“千真萬確!那邊那個大人也是我的同伴,還有其他的同伴今天已經去商討建造水壩之事,隻要將水壩建造完畢,那這次的水災就有救了。”
謝長魚好生無奈,要不是害怕再被撞一下,怎麼說也不會這般膽怯。
於是乎,那女人才終於是放下了護在胸口準備給謝長魚致命一擊的手。
“阿哲,鬆開這位官老爺。”
那女人道。
這聲音才終於像是個正常人一般,甚至可以用清泉叮咚來形容。
謝長魚甚至能夠想象,要是這時候還是曾經繁榮時候,這女子坐在戲台之上,手中拿著琵琶,嘴裡唱著吳儂軟語的江南小調,這該是多麼令人愜意的時光。
隻不過,這已經不複存在。
那叫做阿哲的女孩這時候走到自己母親的身邊,小手拉上了那女人的手,抬著頭慘兮兮道“娘,阿哲現在能喝粥了嗎?”
那女人欲言又止。
謝長魚搶先道“當然可以,我那還有好多白粥,你可以吃個飽。”
那女人和謝長魚對視一眼,後者露出了個和善的微笑,女人才終於是點了點頭。
可令謝長魚沒想到的是,那阿哲竟然又一次蹲下身子,想要用手撿地上僅剩的那些米飯放進嘴裡。
謝長魚詫異,連忙拉住了阿哲,哭笑不得道“我的粥棚裡還有很多乾淨的白粥,這都已經散在地上了,就不要吃了。臟。”
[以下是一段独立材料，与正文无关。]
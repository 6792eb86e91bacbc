-- ===== src/Authz/Examples.antt =====
-- authz.go: the theorems at a policy with two rules.
use mathlib.Core.List.{Memᴰ}
use gatew_ai.Base.{
  ◌≡◌, refl, ◌↔◌, ◌⊎◌, inl, inr, Bool, true, false, Option, none, some, String, str_eq, List, [],
  ◌∷◌, if◌then◌else◌,
}
use gatew_ai.RateLimit.{no_limits}
use gatew_ai.Authz.{
  Principal, PolicyMatch, PolicyRule, new_engine, or_anonymous, evaluate, first_granting,
  rule_grants_request, match_identity, glob_match_any, intersects,
}
use gatew_ai.Authz.Granting.{Grants, allowed-evaluate}

-- "*" matches every text, "[" is malformed, any other pattern matches itself.
abbrev simple_glob : String → String → Option Bool
simple_glob p value =
    if str_eq p "[" then none else if str_eq p "*" then some true else some (str_eq p value)

abbrev ada : Principal
ada = record {
  subject = "1";
  consumer = "ada";
  groups = "staff" ∷ [];
  roles = [];
  scopes = [];
  user_type = "premium";
  authenticated = true;
}

abbrev anyone : PolicyMatch
anyone = record { groups = []; roles = []; scopes = []; consumers = []; user_types = [] }

abbrev lists_nothing : PolicyRule
lists_nothing = record {
  match_on = anyone;
  allow_models = [];
  allow_service_types = [];
  limits = none;
}

abbrev staff_only : PolicyRule
staff_only = record {
  match_on = record anyone { groups = "admins" ∷ "staff" ∷ [] };
  allow_models = "[" ∷ "*" ∷ [];
  allow_service_types = [];
  limits = some no_limits;
}

abbrev rules : List PolicyRule
rules = lists_nothing ∷ staff_only ∷ []

anonymous_denied :
    (evaluate simple_glob
      (new_engine (record { default_effect = ""; rules = rules }))
      none
      "audio"
      "m").allowed
    ≡ false
unfolding evaluate new_engine first_granting rule_grants_request match_identity or_anonymous
    glob_match_any intersects
anonymous_denied = refl

staff-Grants : Grants simple_glob (some ada) "audio" "m" staff_only
unfolding or_anonymous
staff-Grants = record {
  identity = record {
    groups = inr ("staff", Memᴰ.head refl, Memᴰ.tail (Memᴰ.head refl));
    roles = inl refl;
    scopes = inl refl;
    consumers = inl refl;
    user_types = inl refl;
  };
  models = ("*", Memᴰ.tail (Memᴰ.head refl), refl);
  services = inl refl;
}

nothing_granted : ¬ Grants simple_glob (some ada) "audio" "m" lists_nothing
nothing_granted g = elim (g.models.1) [ ]

allowed-evaluate_example :
    ((evaluate simple_glob
        (new_engine (record { default_effect = "deny"; rules = rules }))
        (some ada)
        "audio"
        "m").allowed
      ≡ true)
    ↔ ((◌≡◌ {A = String} "deny" "allow")
        ⊎ ((rule : PolicyRule) × Memᴰ rule rules × Grants simple_glob (some ada) "audio" "m" rule))
allowed-evaluate_example =
    allowed-evaluate simple_glob (some ada) "audio" "m"
      (record { default_effect = "deny"; rules = rules })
女孩有些膽小,站起身後就一把甩開了謝長魚,瞬間躲去了女人的身後。
謝長魚知道隻有那女人發話了,小女孩才能吃上好的,隻好是道“你跟我一起去吧,去那粥棚裡吃些白粥,這些日子一定已經餓壞了。”
女人咽了咽口水,猶豫再三還是跟了上去。
外頭的趙以州還沒回來,謝長魚帶著兩人到粥棚之中,給兩人一人盛了一碗滿滿的白粥。
除此之外,還拿上了好些伴粥吃的醬菜。
小女孩吃的很香,直接乾了整整兩大碗白粥,而那女人吃著吃著居然是哭出了聲。
謝長魚自然是有些擔憂,連忙問道“這位嬸子,沒事吧?”
那女人微微搖了搖頭,隻是懷念道“從災情到現在,已經快要小半年的時間了,我們也已經有小半年的時間沒有吃過好東西了。更彆說還能吃上醬菜,用上筷子。”
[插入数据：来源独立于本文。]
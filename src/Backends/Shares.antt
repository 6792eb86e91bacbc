-- ===== src/Backends/Shares.antt =====
-- backend.go: how the drawn number chooses the primary backend.
use gatew_ai.Base.{
  ℕ, zero, suc, ◌+◌, ◌≤◌, ◌<◌, ◌≡◌, refl, ap, ◌∙◌, Bool, true, false, Option, none, some, ltb, ◌==◌,
  List, length, [], ◌∷◌, inl, inr, Bool-cases, arith, if◌then◌else◌,
}
use gatew_ai.Backends.{Backend, total_weight, break_index, primary_index}

-- How many of the `n` numbers from `a` on have a property.
abbrev pub count_from : (ℕ → Bool) → ℕ → ℕ → ℕ
count_from p a zero = 0
count_from p a (suc n) = let rest = count_from p (suc a) n in if p a then suc rest else rest

count_ext :
    (p q : ℕ → Bool) (a n : ℕ)
    → ((r : ℕ) → a ≤ r → r < a + n → p r ≡ q r)
    → count_from p a n ≡ count_from q a n
count_ext p q a zero h = refl
count_ext p q a (suc n) h = ground (
  arith,
  h a (omega arith) (omega arith),
  count_ext p q (suc a) n (λ r l u. h r (omega (arith, l)) (omega (arith, u))),
)

count_split :
    (p : ℕ → Bool) (a m n : ℕ) → count_from p a (m + n) ≡ count_from p a m + count_from p (a + m) n
count_split p a zero n = ground arith
count_split p a (suc m) n =
    let whole : suc m + n ≡ suc (m + n) = omega arith in
    let start : a + suc m ≡ suc a + m = omega arith in
    ground (
      arith,
      count_split p (suc a) m n,
      ap (count_from p a) whole,
      ap (λ b. count_from p b n) start,
    )

count_all : (a n : ℕ) → count_from (λ r. true) a n ≡ n
count_all a zero = refl
count_all a (suc n) = ap suc (count_all (suc a) n)

count_none : (a n : ℕ) → count_from (λ r. false) a n ≡ 0
count_none a zero = refl
count_none a (suc n) = count_none (suc a) n

-- The weight of the backend at an index.
abbrev pub weight_at : ℕ → List Backend → ℕ
weight_at i [] = 0
weight_at zero (b ∷ bs) = b.weight
weight_at (suc i) (b ∷ bs) = weight_at i bs

abbrev is_at : ℕ → Option ℕ → Bool
is_at i none = false
is_at i (some k) = k == i

later : (r c i j : ℕ) (bs : List Backend) → j < i → is_at j (break_index r c i bs) ≡ false
unfolding break_index
later r c i j [] l = refl
later r c i j (b ∷ bs) l = ground (arith, later r (c + b.weight) (suc i) j bs)

breaks :
    (r c i : ℕ) (bs : List Backend)
    → c ≤ r
    → r < c + total_weight bs
    → (k : ℕ) × (break_index r c i bs ≡ some k) × (k < i + length bs)
unfolding break_index total_weight
breaks r c i [] l u = (0, ground (arith, l, u), ground (arith, l, u))
breaks r c i (b ∷ bs) l u = elim (Bool-cases (ltb r (c + b.weight))) [
  | inl now ↦ (i, ground (arith, now), omega arith)
  | inr not_yet ↦
      let (k, e, le) =
        breaks r (c + b.weight) (suc i) bs (ground (arith, not_yet)) (ground (arith, u)) in
      (k, ground (arith, not_yet, e), omega (arith, le))
]

share :
    (c i j : ℕ) (bs : List Backend)
    → count_from (λ r. is_at (i + j) (break_index r c i bs)) c (total_weight bs) ≡ weight_at j bs
unfolding break_index total_weight
share c i j [] = refl
share c i zero (b ∷ bs) =
    let w = b.weight in
    let n = total_weight bs in
    let p : ℕ → Bool = λ r. is_at (i + 0) (break_index r c i (b ∷ bs)) in
    count_split p c w n
    ∙ ground (
      arith,
      count_ext p (λ r. true) c w (λ r l u. ground (arith, u)),
      count_all c w,
      count_ext p (λ r. false) (c + w) n
          (λ r l u. ground (arith, l, later r (c + w) (suc i) (i + 0) bs)),
      count_none (c + w) n,
    )
share c i (suc j) (b ∷ bs) =
    let w = b.weight in
    let n = total_weight bs in
    let p : ℕ → Bool = λ r. is_at (i + suc j) (break_index r c i (b ∷ bs)) in
    let q : ℕ → Bool = λ r. is_at (suc i + j) (break_index r (c + w) (suc i) bs) in
    count_split p c w n
    ∙ ground (
      arith,
      count_ext p (λ r. false) c w (λ r l u. ground (arith, u)),
      count_none c w,
      count_ext p q (c + w) n (λ r l u. ground (arith, l)),
      share (c + w) (suc i) j bs,
    )

-- The primary backend is drawn in proportion to the weights: of the numbers below the sum of the
-- weights, as many choose a backend as its weight says.
pub primary_index-share :
    (bs : List Backend) (j : ℕ)
    → count_from (λ r. primary_index r bs == j) 0 (total_weight bs) ≡ weight_at j bs
unfolding primary_index
primary_index-share bs j =
    count_ext (λ r. primary_index r bs == j) (λ r. is_at (0 + j) (break_index r 0 0 bs)) 0
      (total_weight bs) (λ r l u. let (k, e, le) = breaks r 0 0 bs l u in ground (arith, e))
    ∙ share 0 0 j bs

pub primary_in_range :
    (r : ℕ) (bs : List Backend) → r < total_weight bs → primary_index r bs < length bs
unfolding primary_index
primary_in_range r bs l =
    let (k, e, le) = breaks r 0 0 bs (omega arith) (omega (arith, l)) in ground (arith, e, le)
謝長魚有些感慨。這些人,經曆了這麼久的災情折磨,還真是可憐。
待到兩人吃完之後,謝長魚才終於是再次詢問“那不知道現在你能告訴我這到底是怎麼一回事了嗎?”
對於剛才那女人說到的那些片段,謝長魚總有種預感,這事情沒有那麼簡單,還是需要這女人將自己所知道的陳述一遍。
女人也知道謝長魚是值得信任了,擦了擦嘴,坐在凳子上長籲了口氣,才終於是娓娓道來。
“我叫翠妮,曾經是這金玉樓的頭牌。這事情還是要從災情開始之後說起。”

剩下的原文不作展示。